Concepts

This section explains the concepts and architecture of LiuAlgoTrader framework.

liu blcok diagram

Building Blocks

The framework executes two components in parallel: Scanners and Strategies.

  • Scanners, or stock screeners as called by some platforms, is run periodically to search for stocks from the stock universe that adhere to criteria of choice. Users can easily create and deploy scanners, with only few lines of Python code. Scanners determines the time to subscribe for events of a specific stock. Events could be price changes, quotes or trades in a predefined window, e.g. per second/ per minute.
  • Strategies receive stock events from stocks selected by the scanners and then analyse the stock movement by a wide range of indicators to decide the action on the selected equities. A Strategy may act on movement of a single stock or a collection of stocks. A Strategy could also reject a stock and unsubscribe for its further events. The framework supports both long and short positions to equities. The framework is designed to be capable of concurrently handling hundreds of stocks as a portfolio with numerous strategies. Scanner could decide to address stock events with a specific strategy or all strategies.

Data Propagation

Data is either loaded directly from a data-providers, or updated in real-time using web-sockets.

  • DataLoader() class introduces a DataFrame-like interface to load data from a data providers, or updating data from web-sockets,
  • StreamingAPI() and DataAPI() are abstract classes for integrating data-providers (there are implemented connectors for both Alpaca and Polygon),
  • data_loader_factory() instantiates implementation for StreamingAPI() and DataAPI(), based on the selected data-providers,
  • Trader() is a base-class for integration Broker APIs (only Alpaca is currently supported),

DataLoader class

The DataLoader class is fundamental in creating a strategy using LiuAlgoTrader. It allows access to data without the need to pay attention to any connectivity details and is consistent among the different data providers. The Framework is responsibility for constantly maintaing an updated DataLoader class, which is passed a long to the strategy during its execution.

Usage Fundamentals

The framework consists of 3 base classes: Scanner, Strategy and Miner. Scanner and Strategy are for basic trading activities, while Miner are for advanced off-market calculations. The framework comes with a generic Scanner, though we recommend to treat it as a reference.

To get start with the framework, you should create your custom scanners and strategies, inheriting from base classes Scanner and Strategy.
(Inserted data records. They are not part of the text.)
-- ===== src/FieldsIdsMap/Fresh.antt =====
-- A field id is never handed out twice, also after its name was removed.
use milli.Base.{
  ℕ, ◌^◌, ◌<◌, String, ◌≡◌, ◌≢◌, none, some, List, [], ◌∷◌, arith, Option-cases, inl, inr,
}
use milli.Base.Dict
use milli.FieldsIdsMap.{
  FieldsIdsMap, Operation, add, del, insert, remove, remove_id, id, run, checked_next,
}
use milli.FieldsIdsMap.Invariant.{
  IsValid, Below, NextFits, insert-IsValid, remove-IsValid, run-IsValid,
}
use milli.FieldsIdsMap.Lookup.{
  Outcome, known, fresh, full, outcome, insert_known, insert_new, insert_full,
}

Below-next : (i next : ℕ) → i < next → next < 2 ^ 16 → Below i (checked_next next)
unfolding checked_next
Below-next i next h k = ground arith

module _ (m : FieldsIdsMap) (v : IsValid m) (text : String) (i : ℕ) (b : Below i m.next_id) where
  Below-insert_by : Outcome m text → Below i (insert text m).0.next_id
  Below-insert_by (known k e) = rw (insert_known m text k e) b
  Below-insert_by (fresh k a n) =
      let fits : NextFits m.next_id = v.next_fits in
      rw (insert_new m text k a n) (Below-next i k (rw n at b) (rw n at fits))
  Below-insert_by (full a n) = rw (insert_full m text a n) b

  next_id-remove : (remove text m).0.next_id ≡ m.next_id
  unfolding remove
  next_id-remove = elim (Option-cases (Dict.lookup text m.names_ids)) [
    | inl e ↦ rw (e, remove_id)
    | inr (k, e) ↦ rw (e, remove_id)
  ]

  insert-ne_by : id text m ≡ none → Outcome m text → (insert text m).1 ≢ some i
  insert-ne_by absent (known k e) = cc
  insert-ne_by absent (fresh k a n) =
      let below : i < k = rw n at b in rw (insert_new m text k a n) λ r. ground arith
  insert-ne_by absent (full a n) = rw (insert_full m text a n) λ r. cc

Below-run :
    (m : FieldsIdsMap) (ops : List Operation) (i : ℕ)
    → IsValid m
    → Below i m.next_id
    → Below i (run m ops).next_id
unfolding run
Below-run m [] i v b = b
Below-run m (add text ∷ ops) i v b =
    Below-run (insert text m).0 ops i (insert-IsValid m v text)
      (Below-insert_by m v text i b (outcome m text))
Below-run m (del text ∷ ops) i v b =
    Below-run (remove text m).0 ops i (remove-IsValid m v text) (rw (next_id-remove m v text i b) b)

-- An id that was handed out before stays taken: from a valid map, after any insertions and
-- removals, a name that is not in the map never gets it.
pub insert_never_reuses :
    (m : FieldsIdsMap) (ops : List Operation) (text : String) (i : ℕ)
    → IsValid m
    → Below i m.next_id
    → id text (run m ops) ≡ none
    → (insert text (run m ops)).1 ≢ some i
insert_never_reuses m ops text i v b absent =
    insert-ne_by (run m ops) (run-IsValid m ops v) text i (Below-run m ops i v b) absent
      (outcome (run m ops) text)
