-- ===== src/FieldsIdsMap/Examples.antt =====
-- The run of the unit test of the source, and the theorems at maps that it passes through.
use milli.Base.{◌≡◌, ◌≢◌, ◌↔◌, refl, none, some, List, [], ◌∷◌, arith}
use milli.Base.Dict
use milli.Base.BTree
use milli.FieldsIdsMap.{
  FieldsIdsMap, Operation, add, del, new, insert, remove, id, run, iter, len, checked_next,
}
use milli.FieldsIdsMap.Invariant.{IsValid, IsValid-new, run-IsValid}
use milli.FieldsIdsMap.Lookup.{Finds, KeepsOthers, insert_lem, remove_lem}
use milli.FieldsIdsMap.Fresh.{insert_never_reuses}

abbrev three : List Operation
three = add "id" ∷ add "title" ∷ add "description" ∷ add "id" ∷ []

abbrev again : List Operation
again = add "id" ∷ add "title" ∷ add "description" ∷ del "title" ∷ add "title" ∷ []

abbrev fields : FieldsIdsMap
fields = run new three

fields-IsValid : IsValid fields
fields-IsValid = run-IsValid new three IsValid-new

unit_test :
    (iter (run new again) ≡ (0, "id") ∷ (2, "description") ∷ (3, "title") ∷ [])
    × (len (run new again) ≡ 3)
    × (id "date" (run new again) ≡ none)
unfolding iter len id run insert remove Dict.lookup Dict.insert Dict.remove BTree.lookup
    BTree.insert BTree.remove checked_next
unit_test = (refl, refl, refl)

run-IsValid_example : IsValid (run new again)
run-IsValid_example = run-IsValid new again IsValid-new

insert_lem_example :
    Finds "date" (insert "date" fields)
    × KeepsOthers "date" fields (insert "date" fields).0
    × (((insert "date" fields).1 ≡ none) ↔ ((id "date" fields ≡ none) × (fields.next_id ≡ none)))
insert_lem_example = insert_lem fields fields-IsValid "date"

remove_lem_example :
    ((remove "title" fields).1 ≡ id "title" fields)
    × (id "title" (remove "title" fields).0 ≡ none)
    × KeepsOthers "title" fields (remove "title" fields).0
remove_lem_example = remove_lem fields "title" fields-IsValid

-- The id 1 was that of `title`, which is removed.
insert_never_reuses_example : (insert "title" (run fields (del "title" ∷ []))).1 ≢ some 1
unfolding id run insert remove Dict.lookup Dict.insert Dict.remove BTree.lookup BTree.insert
    checked_next
insert_never_reuses_example =
    insert_never_reuses fields (del "title" ∷ []) "title" 1 fields-IsValid (omega arith) refl
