-- ===== src/Filter/Depth.antt =====
-- The depth test of a filter tree, and how negation changes the depth.
use milli.Base.{ℕ, suc, ◌-◌, ◌≤◌, ◌<◌, max, ◌≡◌, ◌↔◌, none, arith}
use milli.Filter.{
  Condition, between, greater_than, FilterCondition, condition, or, and, geo_lower_than,
  geo_greater_than, negate, negate_condition, token_at_depth,
}

module _ {T : Type 0} where
  -- The number of `or` and `and` nodes on the longest way to a leaf.
  abbrev pub height : FilterCondition T → ℕ
  height (condition fid op) = 0
  height (or a b) = suc (max (height a) (height b))
  height (and a b) = suc (max (height a) (height b))
  height (geo_lower_than lat lng radius) = 0
  height (geo_greater_than lat lng radius) = 0

  -- A leaf lies at depth `depth` or below exactly if a token is found, so a tree passes the test at
  -- a depth exactly if its height is less.
  pub token_at_depth-none :
      (f : FilterCondition T) (depth : ℕ) → (token_at_depth f depth ≡ none) ↔ (height f < depth)
  unfolding token_at_depth
  token_at_depth-none (condition fid op) depth = ground arith
  token_at_depth-none (or a b) depth =
      ground (arith, token_at_depth-none a (depth - 1), token_at_depth-none b (depth - 1))
  token_at_depth-none (and a b) depth =
      ground (arith, token_at_depth-none a (depth - 1), token_at_depth-none b (depth - 1))
  token_at_depth-none (geo_lower_than lat lng radius) depth = ground arith
  token_at_depth-none (geo_greater_than lat lng radius) depth = ground arith

module _ {T : Type 0} where
  height-negate_condition : (fid : T) (op : Condition T) → height (negate (condition fid op)) ≤ 1
  unfolding negate negate_condition
  height-negate_condition fid (between from to) = omega arith
  height-negate_condition fid (greater_than n) = omega arith
  height-negate_condition fid _ = omega arith

  -- Negation makes a tree at most one level deeper, where a range becomes two conditions, and never
  -- shallower.
  pub height-negate :
      (f : FilterCondition T)
      → (height f ≤ height (negate f)) × (height (negate f) ≤ suc (height f))
  unfolding negate
  height-negate (condition fid op) = (omega arith, height-negate_condition fid op)
  height-negate (or a b) = omega (arith, height-negate a, height-negate b)
  height-negate (and a b) = omega (arith, height-negate a, height-negate b)
  height-negate (geo_lower_than lat lng radius) = omega arith
  height-negate (geo_greater_than lat lng radius) = omega arith
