-- ===== src/Filter/Meaning.antt =====
-- A reading of filters for documents that have a list of values for each field, of one kind: a range
-- holds if some value lies in it, an equality if some value is equal, and an inequality if there is a
-- value and none is equal. What a filter finds in an index, where only numbers are in a range and
-- `>` may take in its bound, is in Facet/Evaluate/Meaning.antt.
use milli.Base.{Bool, true, false, not, ◌&&◌, ◌||◌, List, [], ◌∷◌, any}
use milli.Filter.{
  Condition, greater_than, greater_than_or_equal, equal, not_equal, lower_than, lower_than_or_equal,
  between, FilterCondition, condition, or, and, geo_lower_than, geo_greater_than,
}

-- Documents as a filter sees them: the field that a token names, the value that it denotes, a strict
-- order on values, and the test for a point within a radius. Two values are equal if neither is
-- less.
pub record View (T : Type 0) : Type 1 where
  pub Value : Type 0
  pub value : T → Value
  pub less : Value → Value → Bool
  pub values : T → List Value
  pub near : T → T → T → Bool

module _ {T : Type 0} (d : View T) where
  open d use {Value, value, less, values, near}

  abbrev pub same : Value → Value → Bool
  same a b = not (less a b) && not (less b a)

  abbrev pub is_empty : List Value → Bool
  is_empty [] = true
  is_empty (v ∷ vs) = false

  unfoldable pub meets : Condition T → List Value → Bool
  meets (greater_than n) vs = any (λ v. less (value n) v) vs
  meets (greater_than_or_equal n) vs = any (λ v. not (less v (value n))) vs
  meets (equal n) vs = any (λ v. same v (value n)) vs
  meets (not_equal n) vs = not (is_empty vs) && not (any (λ v. same v (value n)) vs)
  meets (lower_than n) vs = any (λ v. less v (value n)) vs
  meets (lower_than_or_equal n) vs = any (λ v. not (less (value n) v)) vs
  meets (between from to) vs = any (λ v. not (less v (value from)) && not (less (value to) v)) vs

  unfoldable pub matches : FilterCondition T → Bool
  unfolding meets
  matches (condition fid op) = meets op (values fid)
  matches (or a b) = matches a || matches b
  matches (and a b) = matches a && matches b
  matches (geo_lower_than lat lng radius) = near lat lng radius
  matches (geo_greater_than lat lng radius) = not (near lat lng radius)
Once the building blocks are in place, you can instruct the framework which scanners & strategies to instantiate in tradeplan.toml file, together with configuration parameters that you would like to pass for each.

All your trading activities are stored in a database, and all trades are automatically analyzed at the end of a trading session. You can then use a multitude of notebooks for further analysis and improving the performance of your algo trading strategies.

Hands-free framework

LiuAlgoTrader is designed to be a (nearly) high throughput & scalable framework, that optimizes at utilizing the underlying hardware.

It is designed to be a hands-free framework for strategy developers without the need to worry about low-level considerations such as connection issues.

High Level Architecture

Polygon.io, Alpaca and other real-time stock data providers provide data via WebSockets. In most cases data providers become impatient when posted data is not timely collected by the intended recipient.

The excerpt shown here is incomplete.